I woke with the taste of it on my tongue, bitter and dry. My marrow screamed each time I moved, a hollow echo of what I had burned to scatter the hymn. Seraphine had not slept at all. She sat against the door, iron arm braced across her knees, her other hand clutching a blade blackened from years of smoke. Her eyes, shadowed and sharp, flicked toward me as soon as I stirred.

"It's not finished," she said flatly. "You cut the song, but the ash is writing the verses back in silence."

The Ledger confirmed her words, forcing its pages open:

Phenomenon: Ash That Clings.

Nature: Belief residue infects breath and skin. Witnesses bear fragments of hymn.

Directive: Purge or the Saint of Ash will rise again.

I rasped, voice broken: "How long?"

Ink bled across the page:

Interval: Three nights. After, belief calcifies.

Seraphine swore under her breath, steam hissing from her arm. "Then we break it tonight. Before the city crowns you."

We stepped into streets blanketed with ash. Citizens knelt in doorways, rubbing it across their skin like balm, whispering fragments of the hymn under their breath. They flinched at our passage, but their eyes gleamed with a fanatic hunger. Some reached out, palms blackened, begging me to touch them. They thought contact with me would seal their prayer.

The Ledger pulsed at my ribs, and my candle-mark flared weakly. It scrawled:

Options:

Burn Candle: Cleanse districts. Cost: Six marrow beats.Confess: Admit what you would sacrifice to never be a saint. Cost: Collapse risk.Spine of Iron: Shatter the ash at its source. Cost: Bone fracture, severe.

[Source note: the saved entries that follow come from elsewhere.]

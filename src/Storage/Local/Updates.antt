-- ===== src/Storage/Local/Updates.antt =====
-- localvault/mutations.go: what an update returns is what is read from then on.
use para_mcp.Prelude.{◌≡◌, refl, ap, subst, none, sym, true, false}
use para_mcp.Prelude.Text.{Text}
use para_mcp.Domain.Value.{Fields}
use para_mcp.Domain.Results.{Result, ok, err, ◌>>=◌, >>=-eq-ok}
use para_mcp.Domain.Entities.{Time, Note, NoteRef, FrontMatter, MutationResult}
use para_mcp.Domain.Patch.{apply_patch}
use para_mcp.Domain.Path.{NormalizedPath}
use para_mcp.Storage.Notes.{parse_note}
use para_mcp.Storage.Notes.RoundTrip.{IsYaml, starts_clean}
use para_mcp.Storage.Local.{
  Site, Local, read, write, read_file, normalize_path, read_note, note_of, mutation_of, etag_of,
  upsert_with_links, index_doc,
}
use para_mcp.Storage.Local.Mutations.{
  save, edited, body_saved, fields_saved, update_body, patch_front_matter, replace,
}
use para_mcp.Storage.Local.Versions.{is_stale, current-fresh, save-read_note}

module _ {N : Type 0} {X : Type 0} (e : Site N X) where
  abbrev pub at_time : Time → FrontMatter → FrontMatter
  at_time now fm = record fm { updated_at = now }

  -- The result is the note's, and the note is what is read.
  abbrev pub Stores : Text → Note → Result MutationResult × Local X → Type 0
  Stores path note out = (out.0 ≡ ok (mutation_of e note)) × (read_note e path out.1 ≡ ok note)

  pub read_note-ref :
      (path : Text) (w : Local X) (note : Note)
      → read_note e path w ≡ ok note
      → note.ref ≡ record { scope = e.scope; path = path }
  unfolding read_note note_of
  read_note-ref path w note r =
      let (raw, a, b) =
        >>=-eq-ok (read_file e path w)
          (λ raw. parse_note e.codec raw >>= (λ parts. ok (note_of e path parts))) r in
      let (parts, c, d) =
        >>=-eq-ok (parse_note e.codec raw) (λ parts. ok (note_of e path parts)) b in
      ap ref_of (sym d)
    where
      ref_of : Result Note → NoteRef
      ref_of (ok n) = n.ref
      ref_of (err x) = record { scope = e.scope; path = path }

  pub edited-note_of :
      (now : Time) (path body : Text) (note : Note) (fm : FrontMatter)
      → note.ref ≡ record { scope = e.scope; path = path }
      → edited e now note fm body ≡ note_of e path (at_time now fm, body)
  unfolding edited note_of
  edited-note_of now path body note fm r =
      ap
        (λ x. record {
          ref = x;
          front_matter = at_time now fm;
          body = body;
          etag = etag_of e (at_time now fm) body;
        })
        r

  pub body_saved-files :
      (np : NormalizedPath) (n : Note) (v : Local X) → (body_saved e np n v).files ≡ v.files
  unfolding body_saved upsert_with_links index_doc
  body_saved-files np n v = refl

  pub fields_saved-files :
      (np : NormalizedPath) (n : Note) (v : Local X) → (fields_saved e np n v).files ≡ v.files
  unfolding fields_saved upsert_with_links
  fields_saved-files np n v = refl

  save-edited :
      (caches : NormalizedPath → Note → Local X → Local X) (now : Time) (np : NormalizedPath)
      (fm : FrontMatter) (note : Note) (body lines : Text) (w v : Local X)
      → ((n : Note) (v : Local X) → (caches np n v).files ≡ v.files)
      → read_note e np.storage v ≡ ok note
      → e.os.refuse read np.storage ≡ none
      → e.os.refuse write np.storage ≡ none
      → IsYaml e.codec (at_time now fm) lines
      → starts_clean body ≡ true
      → Stores np.storage
          (edited e now note fm body)
          (save e caches np (edited e now note fm body) w)
  save-edited caches now np fm note body lines w v keeps r ra wa y clean =
      subst (λ n. Stores np.storage n (save e caches np n w))
        (sym (edited-note_of now np.storage body note fm (read_note-ref np.storage v note r)))
        (save-read_note e caches np (at_time now fm) body lines w keeps ra wa y clean)

  -- Where the version is the one asked for and the operating system refuses nothing, an update of the
  -- body, a patch and a replacement each succeed, and what they return is what is read from then on, the
  -- version included: the front matter is stamped with the time, and patched by the fields. The YAML of a
  -- front matter decodes to it, and no line end starts a body.
  pub updates-read_note :
      (now : Time) (path body if_match lines patched : Text) (fields : Fields) (w : Local X)
      (np : NormalizedPath) (note : Note)
      → normalize_path e path ≡ ok np
      → read_note e np.storage w ≡ ok note
      → is_stale if_match note.etag ≡ false
      → e.os.refuse read np.storage ≡ none
      → e.os.refuse write np.storage ≡ none
      → IsYaml e.codec (at_time now note.front_matter) lines
      → IsYaml e.codec (at_time now (apply_patch e.unicode note.front_matter fields)) patched
      → starts_clean body ≡ true
      → starts_clean note.body ≡ true
      → let fm = apply_patch e.unicode note.front_matter fields in
        Stores np.storage
          (edited e now note note.front_matter body)
          (update_body e now path body if_match w)
        × Stores np.storage
            (edited e now note fm note.body)
            (patch_front_matter e now path fields if_match w)
        × Stores np.storage (edited e now note fm body) (replace e now path fields body if_match w)
  unfolding update_body patch_front_matter replace
  updates-read_note now path body if_match lines patched fields w np note p r s ra wa y z clean
        old =
      let c = current-fresh e np.storage if_match w note r s in
      let fm = apply_patch e.unicode note.front_matter fields in
      (
        rw p (
            rw c (
              save-edited (body_saved e) now np note.front_matter note body lines w w
                (body_saved-files np) r ra wa y clean)),
        rw p (
            rw c (
              save-edited (fields_saved e) now np fm note note.body patched w w
                (fields_saved-files np) r ra wa z old)),
        rw p (
            rw c (
              save-edited (body_saved e) now np fm note body patched w w (body_saved-files np) r ra
                wa z clean)),
      )
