-- ===== src/Wire/Directions.antt =====
-- Where the docent sends a visitor, and what the sample provider makes of the same URL.
use funduq_server.Prelude.{ℕ, String, true, ◌≡◌, refl, none, some}
use funduq_server.Text.{rstrip_slash}
use funduq_server.Json.{str, get}
use funduq_server.Funduq.{AgentRef}
use funduq_server.ApiA2a.{interface_url}
use funduq_server.Docent.{Summary, Guide, describe_agent}
use funduq_server.SampleAgent.Resolve.{address_from_url}
use funduq_server.SampleAgent.Resolve.Pair.{is_plain, address_from_url-pair_url}

abbrev pub ref_of : Summary → AgentRef
ref_of agent = record { provider_key = agent.provider_key; name = agent.name }

-- The endpoint that the docent gives for an agent is the URL of the agent's interface at the A2A
-- door, and the sample provider reads in it that agent's pair, the fingerprint of its provider and
-- its name, if neither has a slash in it.
pub describe_agent-Address :
    (guide : Guide) (now : ℕ) (base : String) (agent : Summary)
    → is_plain (guide.provider_fingerprint agent.provider_key) ≡ true
    → is_plain agent.name ≡ true
    → (get "a2a_endpoint" (describe_agent guide now base agent)
        ≡ str (interface_url guide.provider_fingerprint base (ref_of agent)))
      × (address_from_url (interface_url guide.provider_fingerprint base (ref_of agent)) ≡ record {
        url = interface_url guide.provider_fingerprint base (ref_of agent);
        provider = some (guide.provider_fingerprint agent.provider_key);
        provider_key = none;
        agent_name = some agent.name;
      })
unfolding describe_agent interface_url
describe_agent-Address guide now base agent plain plain' = (
  refl,
  address_from_url-pair_url (rstrip_slash base) (guide.provider_fingerprint agent.provider_key)
      agent.name plain plain',
)
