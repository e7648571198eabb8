-- ===== src/Examples/Docent.antt =====
-- A market of three agents and a visitor.
use Prim.Native.String.{◌++◌}
use funduq_server.Prelude.{
  ℕ, String, Bool, true, false, ◌≡◌, refl, none, some, List, [], ◌∷◌, keep, ok, ◌-◌,
}
use funduq_server.Json.{str, obj, arr, of_list, dict, get, int, pos}
use funduq_server.Docent.{Summary, Guide, describe_agent, seen_ago}
use funduq_server.Docent.Ago.{Tells, seen_ago-Tells}
use funduq_server.Docent.Hosts.{transport_security_for, unchecked}
use funduq_server.Docent.Search.{matches, contains, split}
use funduq_server.Docent.Market.{describe_market, group, put_agent}
use funduq_server.Docent.Tools.{browse_souk, describe_agent_tool, has_name}
use funduq_server.Docent.Tools.Grouping.{IsMarket, browse_souk-IsMarket}
use funduq_server.Docent.Tools.Directions.{Sends, describe_agent_tool-Sends}
use funduq_server.SampleAgent.Resolve.{address_from_url}
use funduq_server.Wire.Directions.{ref_of, describe_agent-Address}
use funduq_server.ApiA2a.{interface_url}

abbrev guide : Guide
guide = record {
  provider_fingerprint = λ key. "fp-" ++ key;
  agent_card_path = "/.well-known/agent-card.json";
  lower = λ s. s;
  show = λ j. "?";
}

abbrev listed : String → String → Bool → ℕ → Summary
listed key name online at = record {
  provider_key = key;
  name = name;
  description = "helps with poetry";
  skills =
      obj (dict (("name", str "verse") ∷ ("tags", arr (of_list (str "rhyme" ∷ []))) ∷ [])) ∷ [];
  online = online;
  last_seen_at = at;
  joined_at = "2026-01-01T00:00:00+00:00";
  provider_name = none;
}

abbrev scribe : Summary
scribe = listed "k1" "scribe" true 7000000

abbrev haggler : Summary
haggler = listed "k2" "haggler" false 0

abbrev market : List Summary
market = scribe ∷ haggler ∷ listed "k1" "haggler" true 0 ∷ []

abbrev base : String
base = "https://souk.example/"

browse_souk-IsMarket_example :
    IsMarket guide 0 base market (browse_souk guide 0 base false market)
    × IsMarket guide 0 base (keep (λ a. a.online) market) (browse_souk guide 0 base true market)
browse_souk-IsMarket_example = browse_souk-IsMarket guide 0 base market

-- two stalls, though three agents are listed
two_stalls : get "provider_count" (browse_souk guide 0 base false market) ≡ int (pos 2)
unfolding browse_souk describe_market group put_agent
two_stalls = refl

describe_agent_tool-Sends_example :
    Sends guide 0 base
      (has_name "haggler")
      market
      (describe_agent_tool guide 0 base "haggler" "" market)
describe_agent_tool-Sends_example = describe_agent_tool-Sends guide 0 base "haggler" market

seen_ago-Tells_example : Tells (100000000 - 7000000) (seen_ago 100000000 7000000)
seen_ago-Tells_example = seen_ago-Tells 100000000 7000000

an_hour_and_a_half : seen_ago 5400000000 0 ≡ "1h ago"
unfolding seen_ago
an_hour_and_a_half = refl

-- "who can help with poetry": one word of the sentence is enough, and short words do not count
found_by_word : matches guide scribe "who can write poetry" ≡ ok true
unfolding matches contains split
found_by_word = refl

short_words : matches guide scribe "is he at it" ≡ ok false
unfolding matches contains split
short_words = refl

describe_agent-Address_example :
    (get "a2a_endpoint" (describe_agent guide 0 base scribe)
      ≡ str (interface_url guide.provider_fingerprint base (ref_of scribe)))
    × (address_from_url (interface_url guide.provider_fingerprint base (ref_of scribe)) ≡ record {
      url = interface_url guide.provider_fingerprint base (ref_of scribe);
      provider = some "fp-k1";
      provider_key = none;
      agent_name = some "scribe";
    })
describe_agent-Address_example = describe_agent-Address guide 0 base scribe refl refl

star : transport_security_for ("a" ∷ "*" ∷ []) ≡ unchecked
unfolding transport_security_for
star = refl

Six beats would end me. A confession deeper than before might strip away what little identity I still held. And the Spine—it had cracked under lesser tolls. If I forced it now, the break might be final.

Seraphine touched my shoulder, her scarred hand grounding me. "We'll find the source. Break it before the city breathes another verse."

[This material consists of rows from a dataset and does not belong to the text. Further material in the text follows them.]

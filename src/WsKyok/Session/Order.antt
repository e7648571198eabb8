-- ===== src/WsKyok/Session/Order.antt =====
-- The order of one completion's answer.
use mathlib.Core.List.{append-nil, append_assoc}
use mathlib.Core.Path.{◌≡⟨◌⟩◌, ◌∎}
use funduq_server.Prelude.{
  String, false, ◌≡◌, sym, ◌∙◌, ap, List, [], ◌∷◌, ◌++◌, ◌==◌, if◌then◌else◌, arith, All,
  Bool-cases, inl, inr,
}
use funduq_server.Funduq.{LlmFunduq, Contract}
use funduq_server.WsKyok.Link.{Item, time_out, complete}
use funduq_server.WsKyok.Link.Queue.{next_item, pull-queue}
use funduq_server.WsKyok.Socket.{Conn}
use funduq_server.WsKyok.Socket.Routing.{addressed, let_in, read_message-Grew}
use funduq_server.WsKyok.Session.{
  Event, receive, core_completes, stream_pulls, stream_times_out, core_changes, step, serve,
  is_running,
}

-- The item that the reader of `id` takes in one event.
abbrev pub taken : {S : Type 0} → String → Event S → Conn S → List Item
taken id (stream_pulls request_id) conn =
    if request_id == id then next_item request_id conn.link else []
taken id _ conn = []

-- The items that come for `id` in one event.
abbrev pub fed : {S : Type 0} → String → Event S → Conn S → List Item
fed id (receive message) conn = let_in (conn.link.is_open id) (addressed id message)
fed id _ conn = []

-- The core asks for no second completion under the same id.
abbrev pub IsFresh : {S : Type 0} → String → Event S → Type 0
IsFresh id (core_completes request_id request) = (request_id == id) ≡ false
IsFresh id _ = Unit

join :
    (q f t q' r u v : List Item)
    → q ++ f ≡ t ++ q'
    → q' ++ r ≡ u ++ v
    → q ++ (f ++ r) ≡ (t ++ u) ++ v
join q f t q' r u v first later =
    q ++ (f ++ r)
    ≡⟨ sym (append_assoc q f r) ⟩ (q ++ f) ++ r
    ≡⟨ ap (λ (l : List Item). l ++ r) first ⟩ (t ++ q') ++ r
    ≡⟨ append_assoc t q' r ⟩ t ++ (q' ++ r)
    ≡⟨ ap (λ (l : List Item). t ++ l) later ⟩ t ++ (u ++ v)
    ≡⟨ sym (append_assoc t u v) ⟩ (t ++ u) ++ v ∎

module _ {S : Type 0} (core : LlmFunduq S) (contract : Contract) (id : String) where
  -- All that is taken, and all that comes, while the read loop runs.
  pub all_taken : List (Event S) → Conn S → List Item
  all_taken [] conn = []
  all_taken (e ∷ es) conn =
      let rest = taken id e conn ++ all_taken es (step core contract e conn) in
      if is_running conn.loop then rest else []

  pub all_fed : List (Event S) → Conn S → List Item
  all_fed [] conn = []
  all_fed (e ∷ es) conn =
      let rest = fed id e conn ++ all_fed es (step core contract e conn) in
      if is_running conn.loop then rest else []

  step_queue :
      (e : Event S) (conn : Conn S)
      → IsFresh id e
      → conn.link.queues id ++ fed id e conn
        ≡ taken id e conn ++ (step core contract e conn).link.queues id
  unfolding step complete time_out
  step_queue (receive message) conn h = sym (read_message-Grew id core contract message conn).queue
  step_queue (core_completes request_id request) conn h =
      ground (arith, append-nil (conn.link.queues id))
  step_queue (stream_pulls request_id) conn h =
      append-nil (conn.link.queues id) ∙ pull-queue contract id request_id conn.link
  step_queue (stream_times_out request_id) conn h = append-nil (conn.link.queues id)
  step_queue (core_changes s) conn h = append-nil (conn.link.queues id)

  -- Over any events in which the core does not use the id again, what a completion's reader takes,
  -- with what is left unread, is what was unread at the start with what came for the completion on
  -- this connection while it was in flight: nothing lost, nothing twice, nothing out of order.
  pub serve-queue :
      (es : List (Event S)) (conn : Conn S)
      → All (IsFresh id) es
      → conn.link.queues id ++ all_fed es conn
        ≡ all_taken es conn ++ (serve core contract es conn).link.queues id
  unfolding serve all_fed all_taken
  serve-queue [] conn h = append-nil (conn.link.queues id)
  serve-queue (e ∷ es) conn h = elim (Bool-cases (is_running conn.loop)) [
    | inr stop ↦ rw stop (append-nil (conn.link.queues id))
    | inl run ↦ rw run (
        join (conn.link.queues id) (fed id e conn) (taken id e conn) _ _ _ _ (step_queue e conn h.0)
          (serve-queue es (step core contract e conn) h.1))
  ]
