-- ===== src/Examples/Kyok.antt =====
-- One connection of an LLM provider in the small world.
use funduq_server.Prelude.{String, ◌≡◌, refl, List, [], ◌∷◌, ◌++◌, some, true, false, arith}
use funduq_server.Json.{str, obj, Dict, dict}
use funduq_server.WsCommon.{Message, text, Loop, parse_frame}
use funduq_server.WsKyok.Link.{
  Link, complete, new_link, chunk, done, broken, yields, raises, fail_pending,
}
use funduq_server.WsKyok.Link.Drain.{drain, fail_pending-drain}
use funduq_server.WsKyok.Socket.{Conn, read_message, kind_of, item_of}
use funduq_server.WsKyok.Socket.Routing.{Grew, read_message-Grew}
use funduq_server.WsKyok.Session.{Event, receive, stream_pulls, serve}
use funduq_server.WsKyok.Session.Order.{all_fed, all_taken, serve-queue}
use funduq_server.Examples.{Journal, toy_llm_core, toy_contract}

abbrev word : Dict
word = dict (("text", str "hi") ∷ [])

-- Two completions in flight.
abbrev busy : Conn Journal
busy = record {
  id = 0;
  core = [];
  link = complete "c2" word (complete "c1" word (new_link "pk"));
  loop = Loop.running;
}

abbrev chunk_message : String → Message
chunk_message id =
    text
      (some (obj (dict (("type", str "chunk") ∷ ("requestId", str id) ∷ ("data", obj word) ∷ []))))

abbrev done_message : String → Message
done_message id = text (some (obj (dict (("type", str "done") ∷ ("requestId", str id) ∷ []))))

abbrev events : List (Event Journal)
events =
    receive (chunk_message "c1")
    ∷ receive (chunk_message "c2")
    ∷ stream_pulls "c1"
    ∷ receive (done_message "c1")
    ∷ []

read_message-Grew_example :
    Grew "c1"
      (chunk word ∷ [])
      busy
      (read_message toy_llm_core toy_contract (chunk_message "c1") busy)
unfolding read_message parse_frame kind_of item_of
read_message-Grew_example =
    read_message-Grew "c1" toy_llm_core toy_contract (chunk_message "c1") busy

serve-queue_example :
    busy.link.queues "c1" ++ all_fed toy_llm_core toy_contract "c1" events busy
    ≡ all_taken toy_llm_core toy_contract "c1" events busy
      ++ (serve toy_llm_core toy_contract events busy).link.queues "c1"
serve-queue_example =
    serve-queue toy_llm_core toy_contract "c1" events busy (tt, (tt, (tt, (tt, tt))))

abbrev filled : Link
filled = record {
  public_key = "pk";
  outbound = [];
  queues = λ id. chunk word ∷ chunk word ∷ done ∷ [];
  is_open = λ id. true;
  is_over = λ id. false;
}

abbrev broken_off : Link
broken_off = record filled { queues = λ id. chunk word ∷ [] }

fail_pending-drain_example :
    drain toy_contract "c1" 9 (fail_pending broken_off)
    ≡ yields (obj word) ∷ raises (broken (str "LLM provider disconnected mid-response")) ∷ []
fail_pending-drain_example =
    fail_pending-drain toy_contract "c1" 9 broken_off (word ∷ []) (obj word ∷ []) (omega arith) refl
      refl refl (refl, tt)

The Ledger guided us through alleys where ash pooled like water. Each step stirred whispers beneath the surface, faint echoes of the hymn. At last we reached a ruined chapel, its roof caved, its altar buried under heaps of grey powder. The air inside shimmered with heatless glow, and the ash moved as if alive, swirling into shapes of faceless saints.

I staggered back, bile rising in my throat. The Ledger screamed across its pages:

Debtor Identified: Ash That Clings.

Nature: Residue of faith unburned. Seeks vessel to crown.

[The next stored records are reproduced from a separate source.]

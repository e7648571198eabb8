-- ===== src/WsProvider/Registration/Names.antt =====
-- The names that `_AGENT_NAME` lets through, and the rosters that `_parse_registration` does.
use mathlib.Core.List.{append-nil}
use mathlib.Core.Path.{subst}
use native.Mathlib.Nat.{zero-add}
use funduq_server.Prelude.{
  ℕ, zero, suc, ◌+◌, ◌≤◌, Bool, true, false, ◌&&◌, leb, ◌≡◌, refl, ap, ◌↔◌, ◌⊎◌, inl, inr, Option,
  none, some, List, [], ◌∷◌, ◌++◌, All, length, arith, Bool-cases, ok, ◌>>=◌, >>=-eq-ok,
  ok-injective, ◌∙◌,
}
use funduq_server.Text.{codes}
use funduq_server.Json.{Json, null, Dict, obj, get, as_list}
use funduq_server.Funduq.{Contract, Registration, Validation, valid, invalid}
use funduq_server.WsProvider.Registration.{
  is_name_char, newline, take_name, at_end, match_name, check_entry, parse_entry, parse_entries,
  parse_agents, parse_registration,
}

-- A character of `[A-Za-z0-9_-]`.
abbrev pub IsNameChar : ℕ → Type 0
IsNameChar c = is_name_char c ≡ true

-- A word of 1 to 128 such characters, with or without one newline behind it.
pub record IsAgentName (name : List ℕ) : Type 0 where
  pub word : List ℕ
  pub ending : (name ≡ word) ⊎ (name ≡ word ++ newline ∷ [])
  pub chars : All IsNameChar word
  pub lower : 1 ≤ length word
  pub upper : length word ≤ 128

record Taken (room n : ℕ) (cs : List ℕ) (m : ℕ) (rest : List ℕ) : Type 0 where
  word : List ℕ
  split : cs ≡ word ++ rest
  chars : All IsNameChar word
  count : length word + n ≡ m
  fits : length word ≤ room

take_name-Taken :
    (room n : ℕ) (cs : List ℕ) → Taken room n cs (take_name room n cs).0 (take_name room n cs).1
unfolding take_name
take_name-Taken zero n cs = record {
  word = [];
  split = refl;
  chars = tt;
  count = omega arith;
  fits = omega arith;
}
take_name-Taken (suc room) n [] = record {
  word = [];
  split = refl;
  chars = tt;
  count = omega arith;
  fits = omega arith;
}
take_name-Taken (suc room) n (c ∷ cs) = elim (Bool-cases (is_name_char c)) [
  | inr other ↦
      rw other
        (record { word = []; split = refl; chars = tt; count = omega arith; fits = omega arith })
  | inl good ↦
      let ih = take_name-Taken room (suc n) cs in
      rw good (record {
        word = c ∷ ih.word;
        split = ap (λ (l : List ℕ). c ∷ l) ih.split;
        chars = (good, ih.chars);
        count = omega (arith, ih.count);
        fits = omega (arith, ih.fits);
      })
]

-- No character of the class comes next.
abbrev Stops : List ℕ → Type 0
Stops [] = Unit
Stops (c ∷ cs) = is_name_char c ≡ false

take_name-nil : (room n : ℕ) (rest : List ℕ) → Stops rest → take_name room n rest ≡ (n, rest)
unfolding take_name
take_name-nil zero n rest h = refl
take_name-nil (suc room) n [] h = refl
take_name-nil (suc room) n (c ∷ rest) h = rw h

take_name-append :
    (room n : ℕ) (word rest : List ℕ)
    → All IsNameChar word
    → Stops rest
    → length word ≤ room
    → take_name room n (word ++ rest) ≡ (length word + n, rest)
unfolding take_name
take_name-append room n [] rest h stop fits = rw zero-add (take_name-nil room n rest stop)
take_name-append zero n (c ∷ word) rest h stop fits = absurd (omega arith)
take_name-append (suc room) n (c ∷ word) rest h stop fits = rw h.0 (
    take_name-append room (suc n) word rest h.1 stop (omega arith)
    ∙ ap (λ (m : ℕ). (m, rest)) (omega arith))

at_end-cases : (rest : List ℕ) → at_end rest ≡ true → (rest ≡ []) ⊎ (rest ≡ newline ∷ [])
unfolding at_end
at_end-cases [] h = inl refl
at_end-cases (c ∷ []) h = inr (ground arith)
at_end-cases (c ∷ d ∷ rest) h = cc

both : (n : ℕ) (b : Bool) → (leb 1 n && b) ≡ true → (1 ≤ n) × (b ≡ true)
both n b h = ground arith

match_name_sound : (name : List ℕ) → match_name name ≡ true → IsAgentName name
unfolding match_name
match_name_sound name h =
    let t = take_name-Taken 128 0 name in
    let m = both (take_name 128 0 name).0 (at_end (take_name 128 0 name).1) h in
    record {
      word = t.word;
      ending = elim (at_end-cases (take_name 128 0 name).1 m.1) [
        | inl e ↦ inl (t.split ∙ ap (λ (r : List ℕ). t.word ++ r) e ∙ append-nil t.word)
        | inr e ↦ inr (t.split ∙ ap (λ (r : List ℕ). t.word ++ r) e)
      ];
      chars = t.chars;
      lower = omega (arith, t.count, m.0);
      upper = t.fits;
    }

match_name_complete : (name : List ℕ) → IsAgentName name → match_name name ≡ true
unfolding match_name
match_name_complete name a = elim a.ending [
  | inl e ↦
      rw (e, ← append-nil a.word)
        (rw (take_name-append 128 0 a.word [] a.chars tt a.upper) (ground (arith, a.lower)))
  | inr e ↦ rw e (
      rw (take_name-append 128 0 a.word (newline ∷ []) a.chars refl a.upper)
        (ground (arith, a.lower)))
]

-- The gateway's pattern for agent names matches exactly the words of 1 to 128 characters of
-- `[A-Za-z0-9_-]`, and also such a word with one newline behind it.
pub match_name_iff : (name : List ℕ) → (match_name name ≡ true) ↔ IsAgentName name
match_name_iff name = (match_name_sound name, match_name_complete name)

-- How an entry of the roster stands to the registration it becomes.
pub record Accepted (contract : Contract) (entry : Json) (registration : Registration)
    : Type 0 where
  pub agent : Dict
  pub object : entry ≡ obj agent
  pub validated : contract.validate_registration agent ≡ valid registration
  pub named : IsAgentName (codes registration.name)

-- Entry by entry, in order.
abbrev pub AcceptedAll : Contract → List Json → List Registration → Type 0
AcceptedAll contract [] [] = Unit
AcceptedAll contract (j ∷ js) (r ∷ rs) = Accepted contract j r × AcceptedAll contract js rs
AcceptedAll contract _ _ = ⊥

module _ (contract : Contract) where
  check_entry-eq :
      (v : Validation Registration) (r : Registration)
      → check_entry contract v ≡ ok r
      → (v ≡ valid r) × (match_name (codes r.name) ≡ true)
  unfolding check_entry
  check_entry-eq (valid q) r h = ground arith
  check_entry-eq (invalid e) r h = ground arith

  parse_entry-Accepted :
      (j : Json) (r : Registration) → parse_entry contract j ≡ ok r → Accepted contract j r
  unfolding parse_entry
  parse_entry-Accepted (obj agent) r h =
      let e = check_entry-eq (contract.validate_registration agent) r h in
      record {
        agent = agent;
        object = refl;
        validated = e.0;
        named = match_name_sound (codes r.name) e.1;
      }
  parse_entry-Accepted null r h = cc
  parse_entry-Accepted _ r h = cc

  parse_entries-Accepted :
      (js : List Json) (rs : List Registration)
      → parse_entries contract js ≡ ok rs
      → AcceptedAll contract js rs
  unfolding parse_entries
  parse_entries-Accepted [] rs h = subst (AcceptedAll contract []) (ok-injective h) tt
  parse_entries-Accepted (j ∷ js) rs h =
      let (r, first, then_rest) =
        >>=-eq-ok (λ r. parse_entries contract js >>= λ q. ok (r ∷ q)) (parse_entry contract j) h in
      let (rest, later, whole) =
        >>=-eq-ok (λ q. ok (r ∷ q)) (parse_entries contract js) then_rest in
      subst (AcceptedAll contract (j ∷ js)) (ok-injective whole)
        (parse_entry-Accepted j r first, parse_entries-Accepted js rest later)

  agents-Accepted :
      (o : Option (List Json)) (rs : List Registration)
      → parse_agents contract o ≡ ok rs
      → (j : Json) × (js : List Json) × (o ≡ some (j ∷ js)) × AcceptedAll contract (j ∷ js) rs
  unfolding parse_agents
  agents-Accepted none rs h = cc
  agents-Accepted (some []) rs h = cc
  agents-Accepted (some (j ∷ js)) rs h = (j, js, refl, parse_entries-Accepted (j ∷ js) rs h)

  -- A register frame that is accepted carries a list of at least one agent, and its registrations
  -- are, entry by entry and in order, what the contract's model makes of each, which is an object
  -- whose name the pattern lets through.
  pub parse_registration-Accepted :
      (frame : Dict) (rs : List Registration)
      → parse_registration contract frame ≡ ok rs
      → (j : Json) × (js : List Json) × (as_list (get "agents" frame) ≡ some (j ∷ js))
        × AcceptedAll contract (j ∷ js) rs
  unfolding parse_registration
  parse_registration-Accepted frame rs h = agents-Accepted (as_list (get "agents" frame)) rs h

Directive: Contain. Cost required.

The ash surged upward, forming a towering figure—hollow, faceless, a saint of soot and memory. Its arms spread wide, and flakes rained down, coating my skin. My candle-mark blazed, desperate. Seraphine roared and struck with her iron arm, but her fist passed through, scattering ash that swirled back into shape.

The Ledger inked furiously:

Balance requires truth or marrow. Choose.

I fell to my knees, ash choking my breath, filling my mouth. My marrow was gone. My bones were splintered. Only truth remained. I forced the words out, raw and jagged: "I would sacrifice every memory of myself if it meant never being your saint."

The ash screamed—a howl of countless voices shredded into dust. The figure cracked, fissures splitting it into shards of smoke and ember. It collapsed in a storm of soot that howled out the chapel's broken roof and scattered into the canals.

The Ledger inked its judgment:

Debtor Severed: Ash That Clings.

Balance: Partial. Residue dispersed but never gone.

Cost: One confession. Self erasure begins.

I collapsed, coughing black, vision dim. Seraphine dragged me upright, ash streaking her scarred face. Her eyes burned as she whispered: "Every truth you give them makes you less. What happens when nothing is left of Varrow?"

The Ledger pulsed one final line:

Curtain rises. The city writes the next act.